Balance Exercises For Elderly

Balancing Wand

Balance exercises for elderly and seniors can greatly reduce the risk of falling at home. These exercises should focus on building up the strength and endurance of especially your lower body including your ankles and hips.

Below I have made a great balance exercises for elderly video that is fun and easy to do. All you need is a chair, comfortable loose fitting clothing,  and a pair of smooth bottom shoes to wear so you won’t catch your feet. Read on then give it a try.

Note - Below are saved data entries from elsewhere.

-- ===== src/Serial/Fifo.antt =====
-- pkg/serial/serial.go: what is injected is read once and in order, and the handler's lock.
use share_serial.Base.{
  ℕ, ◌≡◌, refl, sym, ap, ◌∙◌, List, [], ◌∷◌, ◌++◌, append-nil, append_assoc, Text, take-append-drop,
  arith,
}
use share_serial.Serial.{ReadResult, bytes, read_error, MockSerialPort, read_mock, inject_input}

-- What the device side and the program do to the port's input.
pub data Op : Type 0 where
  injects : Text → Op
  reads : ℕ → Op

text_of : ReadResult → Text
text_of (bytes t) = t
text_of (read_error e) = []

-- The port, and all bytes read so far.
pub run : MockSerialPort → Text → List Op → MockSerialPort × Text
run m out [] = (m, out)
run m out (injects t ∷ ops) = run (inject_input m t) out ops
run m out (reads n ∷ ops) = let (m', r) = read_mock m n in run m' (out ++ text_of r) ops

abbrev pub injected : List Op → Text
injected [] = []
injected (injects t ∷ ops) = t ++ injected ops
injected (reads n ∷ ops) = injected ops

read_keeps :
    (m : MockSerialPort) (n : ℕ)
    → text_of (read_mock m n).1 ++ (read_mock m n).0.input_buffer ≡ m.input_buffer
unfolding read_mock text_of
read_keeps m n = split m.input_buffer refl
  where
    split :
        (t : Text)
        → m.input_buffer ≡ t
        → text_of (read_mock m n).1 ++ (read_mock m n).0.input_buffer ≡ m.input_buffer
    split [] e = ground (arith, e)
    split (b ∷ bs) e = ground (arith, e, take-append-drop n (b ∷ bs))

-- However injections and reads of any sizes alternate, the bytes read, followed by those that wait,
-- are those read before and those that came, each once and in order: the port loses and repeats
-- nothing.
pub port_fifo :
    (m : MockSerialPort) (out : Text) (ops : List Op)
    → let (m', out') = run m out ops in
      out' ++ m'.input_buffer ≡ (out ++ m.input_buffer) ++ injected ops
unfolding run inject_input
port_fifo m out [] = sym (append-nil (out ++ m.input_buffer))
port_fifo m out (injects t ∷ ops) = port_fifo (inject_input m t) out ops ∙ simp append_assoc
port_fifo m out (reads n ∷ ops) =
    port_fifo (read_mock m n).0 (out ++ text_of (read_mock m n).1) ops
    ∙ ap (λ (t : Text). t ++ injected ops)
        (append_assoc out _ _ ∙ ap (λ (t : Text). out ++ t) (read_keeps m n))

Working on your balance can be fun and playful. Just see a show by a traveling circus act and you will see just how much we can improve our balance.

Remember that to have good balance we must keep our center of gravity over our base of support which is usually our ankles. When we are walking we are working on and improving our dynamic balance or “moving” balance.  

You can select a moving balance exercise below to work on this skill. When we are still, say standing on one leg, we are working on improving our static or “standing” balance. In the balance exercises for elderly below we are using the balancing wand.

This can be anything you can find around the house that is long and light. An umbrella, baseball bat, cane, wooden dowel or even a long wooden spoon. Try this balance exercise below and see how much better you can become!

Purpose of this exercise

Improve eye hand coordination.

Step 1

Hold a wand in your dominant hand.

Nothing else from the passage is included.